317 svc.publish_post(bob.id, "Just shipped a new LLD article.")
318 svc.publish_post(bob.id, "Hiring senior engineers.")
319 feed = svc.get_feed(alice.id)
320 print(f"Alice's feed has {len(feed)} post(s).")
321
322 # Messaging.
323 thread_id = svc.start_thread([alice.id, bob.id])
324 svc.send_message(thread_id, alice.id, "Hi Bob!")
325 svc.send_message(thread_id, bob.id, "Hey Alice.")
326 thread = svc._threads[thread_id]
327 print(f"Thread has {len(thread.messages)} messages.")Common Mistakes
- ✗Storing connections directed (follower/followed). Breaks the 'we are connected' symmetry every feature depends on.
- ✗Computing degree-3 on every profile view. Millions of edges; blow up server CPU.
- ✗Putting feed ranking inside the feed class. New ranking experiment = rewriting the feed.

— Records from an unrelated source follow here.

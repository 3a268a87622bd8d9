-- ===== src/Collector/Returns.antt =====
-- When taking an event does not panic.
use onecatch.Base.{
  ℕ, Option, none, some, List, ◌≡◌, ◌≢◌, ◌⊎◌, inl, inr, refl, ◌==◌, arith, Bool-cases, Option-cases,
}
use onecatch.Base.Dict
use onecatch.Desktop.RunStream.{Phase, start, delta}
use onecatch.Collector.{
  Event, Stream, Collector, blank_stream, persist_event, publish_event, start_stream, ensure_stream,
}
use onecatch.Collector.Push.{push, push_delta, by_phase, note_context}

module _ {R : Type 0} (persist : List (Event R) → Event R → Option ℕ) (blank : R) where
  started : Event R → ℕ → Stream
  started e seq = record blank_stream {
    kind = e.kind;
    seq = seq;
    last_at = e.at;
    last_raw = e.raw;
    failed = e.failed;
  }

  lookup-start_stream :
      (e : Event R) (c : Collector R)
      → e.stream_id ≢ ""
      → Dict.lookup e.stream_id c.streams ≡ none
      → (s : Stream) × (Dict.lookup e.stream_id (start_stream persist blank e c).streams ≡ some s)
  unfolding start_stream publish_event started
  lookup-start_stream e c named missing =
      let event = record e { revision = 0 } in
      let (kept, seq) = persist_event persist blank event c in
      (
        started e seq,
        ground (
          arith,
          missing,
          named,
          Dict.lookup-insert e.stream_id e.stream_id (started e seq) kept.streams,
        ),
      )

  lookup-ensure_stream :
      (e : Event R) (c : Collector R)
      → e.stream_id ≢ ""
      → (s : Stream) × (Dict.lookup e.stream_id (ensure_stream persist blank e c).streams ≡ some s)
  unfolding ensure_stream
  lookup-ensure_stream e c named = elim (Option-cases (Dict.lookup e.stream_id c.streams)) [
    | inl f ↦
        rw (f, ensure_stream)
          (lookup-start_stream (record e { phase = start; text = ""; revision = 0 }) c named f)
    | inr (s, f) ↦ (s, ground (arith, f))
  ]

  push_delta_returns :
      (e : Event R) (c : Collector R)
      → e.stream_id ≢ ""
      → (out : Collector R) × (push_delta persist blank e c ≡ some out)
  unfolding push_delta
  push_delta_returns e c named =
      let (s, f) = lookup-ensure_stream e c named in
      elim (Option-cases (push_delta persist blank e c)) [
        | inl bad ↦ absurd (ground (arith, f, bad))
        | inr found ↦ found
      ]

  by_phase_returns :
      (p : Phase) (e : Event R) (c : Collector R)
      → e.phase ≡ p
      → (e.stream_id ≢ "") ⊎ (p ≢ delta)
      → (out : Collector R) × (by_phase persist blank e c ≡ some out)
  by_phase_returns p e c f given = elim (Option-cases (by_phase persist blank e c)) [
    | inl bad ↦ elim (Bool-cases (e.stream_id == "")) [
      | inl t ↦ absurd (ground (arith, f, given, bad))
      | inr t ↦ absurd (ground (arith, f, given, bad, push_delta_returns e (c) (ground arith)))
    ]
    | inr found ↦ found
  ]

  -- `Push` returns for every event that names its stream and for every event that is no piece of a text,
  -- whatever the collector has seen: only a piece without a stream can panic.
  pub push_returns :
      (e : Event R) (c : Collector R)
      → (e.stream_id ≢ "") ⊎ (e.phase ≢ delta)
      → (out : Collector R) × (push persist blank e c ≡ some out)
  unfolding push
  push_returns e c given = elim (Bool-cases c.closed) [
    | inl t ↦ (c, ground (arith, t))
    | inr t ↦
        let (out, f) = by_phase_returns e.phase e (note_context persist blank e c) refl given in
        (out, ground (arith, t, f))
  ]
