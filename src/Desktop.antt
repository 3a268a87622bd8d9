-- ===== src/Desktop.antt =====
-- internal/service/desktop: the hubs that push changes of runs to the desktop's window.
pub mod RunState
pub mod RunStream
pub mod ListChange
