-- ===== src/Desktop/ListChange.antt =====
-- internal/service/desktop/listchange/hub.go: writes that a list shows mark the hub, a timer collects the
-- marks, and its flush emits one notification without content. `armed` says that the runtime has yet to
-- fire the timer; `waiting` counts flushes that wait for the lock, `sending` those beyond it that have
-- still to emit, and `emitted` the notifications.
pub mod Traces
use onecatch.Base.{ℕ, suc, Bool, true, false, not, ◌&&◌, ◌||◌, if◌then◌else◌, ◌≡◌}

pub record Hub : Type 0 where
  pub timer : Bool
  pub emitter : Bool
  pub stopped : Bool
  pub armed : Bool
  pub waiting : ℕ
  pub sending : ℕ
  pub emitted : ℕ

unfoldable pub new_hub : Hub
new_hub = record {
  timer = false;
  emitter = false;
  stopped = false;
  armed = false;
  waiting = 0;
  sending = 0;
  emitted = 0;
}

unfoldable pub set_emitter : Hub → Hub
set_emitter h = record h { emitter = true }

unfoldable pub mark_dirty : Hub → Hub
mark_dirty h = if h.stopped || h.timer then h else record h { timer = true; armed = true }

-- The part of `flush` that holds the lock, and whether it goes on to emit.
unfoldable pub flush : Hub → Hub
flush h = record h {
  timer = false;
  sending = if not h.stopped && h.emitter then suc h.sending else h.sending;
}

unfoldable pub close : Hub → Hub
close h =
    if h.timer
    then record h { stopped = true; timer = false; armed = false }
    else record h { stopped = true }

-- What can happen next: a call of the program, the timer that fires, a flush that gets the lock, or a
-- flush beyond it that emits.
pub data Step : Hub → Hub → Type 0 where
  marks : (h : Hub) → Step h (mark_dirty h)
  fires : (h : Hub) → h.armed ≡ true → Step h (record h { armed = false; waiting = suc h.waiting })
  flushes : (h : Hub) (n : ℕ) → h.waiting ≡ suc n → Step h (flush (record h { waiting = n }))
  sends :
      (h : Hub) (n : ℕ)
      → h.sending ≡ suc n
      → Step h (record h { sending = n; emitted = suc h.emitted })
  closes : (h : Hub) → Step h (close h)
  emits : (h : Hub) → Step h (set_emitter h)

pub data Steps : Hub → Hub → Type 0 where
  done : (h : Hub) → Steps h h
  next : {h i j : Hub} → Step h i → Steps i j → Steps h j
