-- ===== src/Desktop/ListChange/Traces.antt =====
-- Every order in which marks, the timer, flushes and Close can come.
use onecatch.Base.{bit, ◌+◌, ◌≤◌, true, false, ◌≡◌, refl, arith}
use onecatch.Desktop.ListChange.{
  Hub, new_hub, set_emitter, mark_dirty, flush, close, Step, marks, fires, flushes, sends, closes,
  emits, Steps, done, next,
}

abbrev Coalesced : Hub → Type 0
Coalesced h = h.stopped ≡ false → bit h.armed + h.waiting ≡ bit h.timer

Step-Coalesced : {h i : Hub} → Step h i → Coalesced h → Coalesced i
unfolding mark_dirty flush close set_emitter
Step-Coalesced (marks h) c = ground arith
Step-Coalesced (fires h a) c = ground arith
Step-Coalesced (flushes h n w) c = ground arith
Step-Coalesced (sends h n e) c = ground arith
Step-Coalesced (closes h) c = ground arith
Step-Coalesced (emits h) c = ground arith

Steps-Coalesced : {h i : Hub} → Steps h i → Coalesced h → Coalesced i
Steps-Coalesced (done h) c = c
Steps-Coalesced (next s ss) c = Steps-Coalesced ss (Step-Coalesced s c)

-- Whatever has happened since its creation: after a mark of an open hub exactly one timer or flush is on
-- its way, however many marks came before.
mark_is_awaited :
    (h : Hub)
    → Steps new_hub h
    → h.stopped ≡ false
    → bit (mark_dirty h).armed + (mark_dirty h).waiting ≡ 1
unfolding new_hub mark_dirty
mark_is_awaited h ss o = let c = Steps-Coalesced ss (λ _. refl) o in ground arith

abbrev Quiet : Hub → Hub → Type 0
Quiet h i =
    (i.stopped ≡ true)
    × (i.emitted + i.sending ≡ h.emitted + h.sending)
    × (bit i.armed + i.waiting ≤ bit h.armed + h.waiting)

Step-Quiet : {h i : Hub} → Step h i → h.stopped ≡ true → Quiet h i
unfolding mark_dirty flush close set_emitter
Step-Quiet (marks h) s = ground arith
Step-Quiet (fires h a) s = ground arith
Step-Quiet (flushes h n w) s = ground arith
Step-Quiet (sends h n e) s = ground arith
Step-Quiet (closes h) s = ground arith
Step-Quiet (emits h) s = ground arith

Steps-Quiet : {h i : Hub} → Steps h i → h.stopped ≡ true → Quiet h i
Steps-Quiet (done h) s = ground arith
Steps-Quiet (next t ts) s =
    let (s1, e1, l1) = Step-Quiet t s in
    let (s2, e2, l2) = Steps-Quiet ts s1 in (s2, omega arith, omega arith)

-- After Close, whatever happens next, the hub stays closed, the notifications emitted are those of
-- flushes that were already beyond the lock, and no timer or flush is added.
pub closed_hub_emits_no_more :
    (h i : Hub)
    → Steps (close h) i
    → (i.stopped ≡ true)
      × (i.emitted + i.sending ≡ h.emitted + h.sending)
      × (bit i.armed + i.waiting ≤ bit h.armed + h.waiting)
unfolding close
closed_hub_emits_no_more h i ss = let q = Steps-Quiet ss (ground arith) in ground arith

- ✗Treating messages as mutable — editing alters the conversation history. Use an edit flag plus history.
Key Points
- ✓Connection is undirected — accepting an invite adds an edge both ways.
- ✓Degree computation is BFS bounded to 3 levels. Past degree-3 the graph explodes.
- ✓Feed is pull + cache. Build on read for inactive users, precompute for power users.
- ✓Messaging is append-only per thread; receipts (delivered, read) update separately from messages.